Helping your employees when they are pregnant, especially with stress management, can help them stay at work and feel cared for by you. Some workplaces are better suited to aid their employees with stress, but there are small things that can be put in place to help everyone, including the partners of those having a baby.
Listen to your employees
Aim to appoint a senior employee in the workplace who can be on hand to listen to your employees’ concerns, no matter how small. Dedicating a compassionate member of the senior team to being a point of contact for a pregnant woman or person means that they know they have someone to go to. This saves them the worry about something leading them to call in sick due to anxiety or stress.
Senior managers should have support by receiving training via an actively listening course. This would ensure all parties feel able to support each other. It should also apply for partners of those having a baby, as they often need additional support too.

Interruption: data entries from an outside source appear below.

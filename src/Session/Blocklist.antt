-- ===== src/Session/Blocklist.antt =====
-- src/profiler.rs, lines 130-178: which addresses `blocklist` keeps out of stacks.
use pprof_rs.Prelude.{
  ℕ, ◌<◌, ◌≡◌, refl, ap, sym, ◌∙◌, ◌⊎◌, ◌↔◌, inl, inr, Bool, true, false, ◌||◌, Option, none, some,
  List, [], ◌∷◌, ◌++◌, if◌then◌else◌, Any, add64, Bool-cases, arith,
}
use mathlib.Core.List.{append_assoc, append-nil}
use pprof_rs.Frames.{Text}
use pprof_rs.Profiler.{segment_blocklisted}
use pprof_rs.Profiler.Control.{ProfilerGuardBuilder}
use pprof_rs.Session.{
  SharedLibrary, contains, starts_with, any_contained, is_library_blocked, push_segments,
  each_library, blocklist,
}

-- The address lies inside the segment, whose end wraps at the word.
abbrev pub IsInside : ℕ → ℕ × ℕ → Type 0
IsInside addr seg = (seg.0 < addr) × (addr < add64 seg.0 seg.1)

-- The pattern stands somewhere in the text.
abbrev pub Occurs : Text → Text → Type 0
Occurs pattern text = (before after : Text) × (text ≡ before ++ (pattern ++ after))

-- The library has a name that is valid text, in which a pattern occurs.
abbrev pub IsNamed : List Text → Option Text → Type 0
IsNamed patterns none = ⊥
IsNamed patterns (some name) = Any (λ pattern. Occurs pattern name) patterns

starts_with-append : (pattern after : Text) → starts_with (pattern ++ after) pattern ≡ true
unfolding starts_with
starts_with-append [] [] = refl
starts_with-append [] (c ∷ cs) = refl
starts_with-append (c ∷ cs) after = ground (arith, starts_with-append cs after)

starts_with_prefix :
    (text pattern : Text)
    → starts_with text pattern ≡ true
    → (after : Text) × (text ≡ pattern ++ after)
unfolding starts_with
starts_with_prefix text [] h = (text, refl)
starts_with_prefix [] (c ∷ cs) h = absurd (cc h)
starts_with_prefix (d ∷ ds) (c ∷ cs) h =
    let (after, e) = starts_with_prefix ds cs (ground arith) in
    let same : d ≡ c = ground arith in (after, rw (same, e) refl)

starts_with-contains :
    (text pattern : Text) → starts_with text pattern ≡ true → contains text pattern ≡ true
unfolding contains
starts_with-contains [] pattern h = h
starts_with-contains (c ∷ cs) pattern h = rw h refl

or_right : (a b : Bool) → b ≡ true → (a || b) ≡ true
or_right true b h = refl
or_right false b h = h

or_split : (a b : Bool) → (a || b) ≡ true → (a ≡ true) ⊎ (b ≡ true)
or_split true b h = inl refl
or_split false b h = inr h

contains-append :
    (before pattern after : Text) → contains (before ++ (pattern ++ after)) pattern ≡ true
unfolding contains
contains-append [] pattern after =
    starts_with-contains (pattern ++ after) pattern (starts_with-append pattern after)
contains-append (c ∷ cs) pattern after = or_right _ _ (contains-append cs pattern after)

contains-Occurs : (text pattern : Text) → contains text pattern ≡ true → Occurs pattern text
unfolding contains
contains-Occurs [] pattern h = let (after, e) = starts_with_prefix [] pattern h in ([], after, e)
contains-Occurs (c ∷ cs) pattern h = elim (or_split _ _ h) [
  | inl here ↦ let (after, e) = starts_with_prefix (c ∷ cs) pattern here in ([], after, e)
  | inr there ↦
      let (before, after, e) = contains-Occurs cs pattern there in
      (c ∷ before, after, ap (λ t. c ∷ t) e)
]

contains_iff : (text pattern : Text) → (contains text pattern ≡ true) ↔ Occurs pattern text
contains_iff text pattern = (
  contains-Occurs text pattern,
  λ (before, after, e). ap (λ t. contains t pattern) e ∙ contains-append before pattern after,
)

any_contained_iff :
    (name : Text) (patterns : List Text) (in_blocklist : Bool)
    → (any_contained name patterns in_blocklist ≡ true)
      ↔ ((in_blocklist ≡ true) ⊎ Any (λ pattern. Occurs pattern name) patterns)
unfolding any_contained
any_contained_iff name [] b =
    (λ h. inl h, λ u. elim u [ inl h ↦ h | inr none_left ↦ absurd none_left ])
any_contained_iff name (p ∷ ps) b =
    let (rest, back) = any_contained_iff name ps (if contains name p then true else b) in
    let (found, occurs) = contains_iff name p in
    elim (Bool-cases (contains name p)) [
      | inl hit ↦ (λ h. inr (inl (found hit)), λ u. back (inl (rw hit refl)))
      | inr miss ↦ (
        λ h. elim (rest h) [
          | inl before ↦ inl (sym (rw miss refl) ∙ before)
          | inr others ↦ inr (inr others)
        ],
        λ u. elim u [
          | inl before ↦ back (inl (rw miss before))
          | inr (inl here) ↦ absurd (cc (occurs here, miss))
          | inr (inr others) ↦ back (inr others)
        ],
      )
    ]

-- A library adds its segments to the list.
abbrev wrapped : List (ℕ × ℕ) → List (ℕ × ℕ)
wrapped [] = []
wrapped ((start, len) ∷ rest) = (start, add64 start len) ∷ wrapped rest

push_segments_append :
    (segments new : List (ℕ × ℕ)) → push_segments segments new ≡ segments ++ wrapped new
unfolding push_segments
push_segments_append segments [] = sym (append-nil segments)
push_segments_append segments ((start, len) ∷ rest) =
    push_segments_append (segments ++ (start, add64 start len) ∷ []) rest
    ∙ append_assoc segments ((start, add64 start len) ∷ []) (wrapped rest)

abbrev IsHit : ℕ → List (ℕ × ℕ) → Type 0
IsHit addr segments = segment_blocklisted segments addr ≡ true

append-IsHit :
    (addr : ℕ) (xs ys : List (ℕ × ℕ)) → IsHit addr (xs ++ ys) ↔ (IsHit addr xs ⊎ IsHit addr ys)
unfolding segment_blocklisted
append-IsHit addr [] ys = (λ h. inr h, λ u. elim u [ inl h ↦ absurd (cc h) | inr h ↦ h ])
append-IsHit addr (x ∷ xs) ys = ground (arith, append-IsHit addr xs ys)

wrapped-IsHit :
    (addr : ℕ) (segments : List (ℕ × ℕ))
    → IsHit addr (wrapped segments) ↔ Any (IsInside addr) segments
unfolding segment_blocklisted
wrapped-IsHit addr [] = (λ h. absurd (cc h), λ h. absurd h)
wrapped-IsHit addr ((start, len) ∷ rest) = ground (arith, wrapped-IsHit addr rest)

-- A library that a pattern names covers the address.
abbrev pub Blocks : ℕ → List Text → SharedLibrary → Type 0
Blocks addr patterns shlib = IsNamed patterns shlib.name × Any (IsInside addr) shlib.segments

is_library_blocked_iff :
    (patterns : List Text) (name : Option Text)
    → (is_library_blocked patterns name ≡ true) ↔ IsNamed patterns name
is_library_blocked_iff patterns none = (λ h. absurd (cc h), λ h. absurd h)
is_library_blocked_iff patterns (some name) =
    let (there, back) = any_contained_iff name patterns false in
    (λ h. elim (there h) [ inl e ↦ absurd (cc e) | inr a ↦ a ], λ a. back (inr a))

pushed_iff :
    (addr : ℕ) (segments new : List (ℕ × ℕ))
    → IsHit addr (push_segments segments new) ↔ (IsHit addr segments ⊎ Any (IsInside addr) new)
pushed_iff addr segments new =
    let (apart, joined) = append-IsHit addr segments (wrapped new) in
    let (inside, hit) = wrapped-IsHit addr new in
    rw (push_segments_append segments new) (
      λ h. elim (apart h) [ inl a ↦ inl a | inr w ↦ inr (inside w) ],
      λ u. joined (elim u [ inl a ↦ inl a | inr w ↦ inr (hit w) ]),
    )

each_library_iff :
    (addr : ℕ) (patterns : List Text) (segments : List (ℕ × ℕ)) (shlibs : List SharedLibrary)
    → IsHit addr (each_library patterns segments shlibs)
      ↔ (IsHit addr segments ⊎ Any (Blocks addr patterns) shlibs)
unfolding each_library
each_library_iff addr patterns segments [] =
    (λ h. inl h, λ u. elim u [ inl h ↦ h | inr none_left ↦ absurd none_left ])
each_library_iff addr patterns segments (shlib ∷ shlibs) =
    let (named, name) = is_library_blocked_iff patterns shlib.name in
    elim (Bool-cases (is_library_blocked patterns shlib.name)) [
      | inl blocked ↦
          let (there, back) =
            each_library_iff addr patterns (push_segments segments shlib.segments) shlibs in
          let (pushed, push) = pushed_iff addr segments shlib.segments in
          rw blocked (
            λ h. elim (there h) [
              | inr others ↦ inr (inr others)
              | inl here ↦ elim (pushed here) [
                | inl old ↦ inl old
                | inr new ↦ inr (inl (named blocked, new))
              ]
            ],
            λ u. elim u [
              | inl old ↦ back (inl (push (inl old)))
              | inr (inl here) ↦ back (inl (push (inr here.1)))
              | inr (inr others) ↦ back (inr others)
            ],
          )
      | inr free ↦
          let (there, back) = each_library_iff addr patterns segments shlibs in
          rw free (
            λ h. elim (there h) [ inl old ↦ inl old | inr others ↦ inr (inr others) ],
            λ u. elim u [
              | inl old ↦ back (inl old)
              | inr (inl here) ↦ absurd (cc (name here.0, free))
              | inr (inr others) ↦ back (inr others)
            ],
          )
    ]

-- After `blocklist`, an address is kept out of stacks just if it lies strictly inside a segment
-- of a shared library with a name that is valid text, in which one of the patterns occurs; the
-- end of a segment wraps at the word. An earlier list of segments is forgotten, and the other
-- settings stay.
pub blocklist_iff :
    (shlibs : List SharedLibrary) (self : ProfilerGuardBuilder) (patterns : List Text) (addr : ℕ)
    → ((segment_blocklisted (blocklist shlibs self patterns).blocklist_segments addr ≡ true)
        ↔ Any (Blocks addr patterns) shlibs)
      × (record (blocklist shlibs self patterns) { blocklist_segments = self.blocklist_segments }
          ≡ self)
unfolding blocklist segment_blocklisted
blocklist_iff shlibs self patterns addr =
    let (there, back) = each_library_iff addr patterns [] shlibs in
    ((λ h. elim (there h) [ inl old ↦ absurd (cc old) | inr a ↦ a ], λ a. back (inr a)), refl)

Unfortunately, pregnancy does not always go to plan and can end in loss. Ensuring that your management team knows how to help a family going through a loss is essential to being an empathic and caring workforce. Allowing leave, personal space and time off for funerals is the first step to supporting a colleague experiencing the loss of a child, no matter how far that pregnancy went.
Flexibility and adaptability
Helping your team manage stress in the workplace when pregnant can mean adaptations to their working day or week. For example, this could be in the form of adapting when they start work if they are struggling with pregnancy sickness in the morning. Or doing longer hours in a day to give them more time off in the week.
Often people find their stress is less at home, and time away from work can help them manage their stress and anxiety. Adapting their physical workspace can also make a difference to stress and anxiety.
Pregnant women and people can often experience pain when sitting for long periods of time, or even when standing still in one position, such as at the hairdresser. Standing desks, stools and yoga balls are all ways to adapt an employee’s working environment to help relieve the stress that their physical workspace gives them. Having these changes in place to offer a pregnant woman or person – without them needing to ask for it – is a great way to limit stress and its effects on those who work for you.
Creating a relaxing and calming break space can also decrease an employee’s stress and anxiety. Ensuring low lighting in the space can lower cortisol levels, which in turn lowers stress. Especially if your employees work in an office with strip lighting.
Providing employees with free access to apps, such as Calm, can mean they are able to access wellbeing tools while at work and at home. These tools are fantastic at lowering anxiety levels and are proven to be useful in most work environments.
Providing employees with headphones in a busy environment can allow them to zone out when needed and use their relaxation apps in private.
Consider allowing your employee to bring in their dog to work, having them under the desk or nearby. Not all workspaces will be able to accommodate this, and that’s fine. But those that are will find an increase in work productivity and a decrease in workplace anxiety.
Supporting pregnant employees
Caring for pregnant women and people who are stressed is similar to caring for those who are not pregnant, with small adaptations and understandings of what they are going through. Pregnant women deserve to have a safe space to enjoy when they come to work, without the pressure of harassment or judgement.
Those working around them can sometimes be the cause of the problem, and as an employer it is important to be aware of language that is being used in your working space. Often comments seen as harmless, such as ‘your bump is big, are you having twins’, are not appropriate, causing stress and upset.
Inappropriate touching of a woman’s bump is also an invasion of privacy and should not be done without consent. Creating a safe, equal environment for all can lead to a stress-free workplace for someone who is considered to be vulnerable.
Women wish to maintain their own independence and therefore should be treated as an equal and individual, and not just a ‘pregnant person’.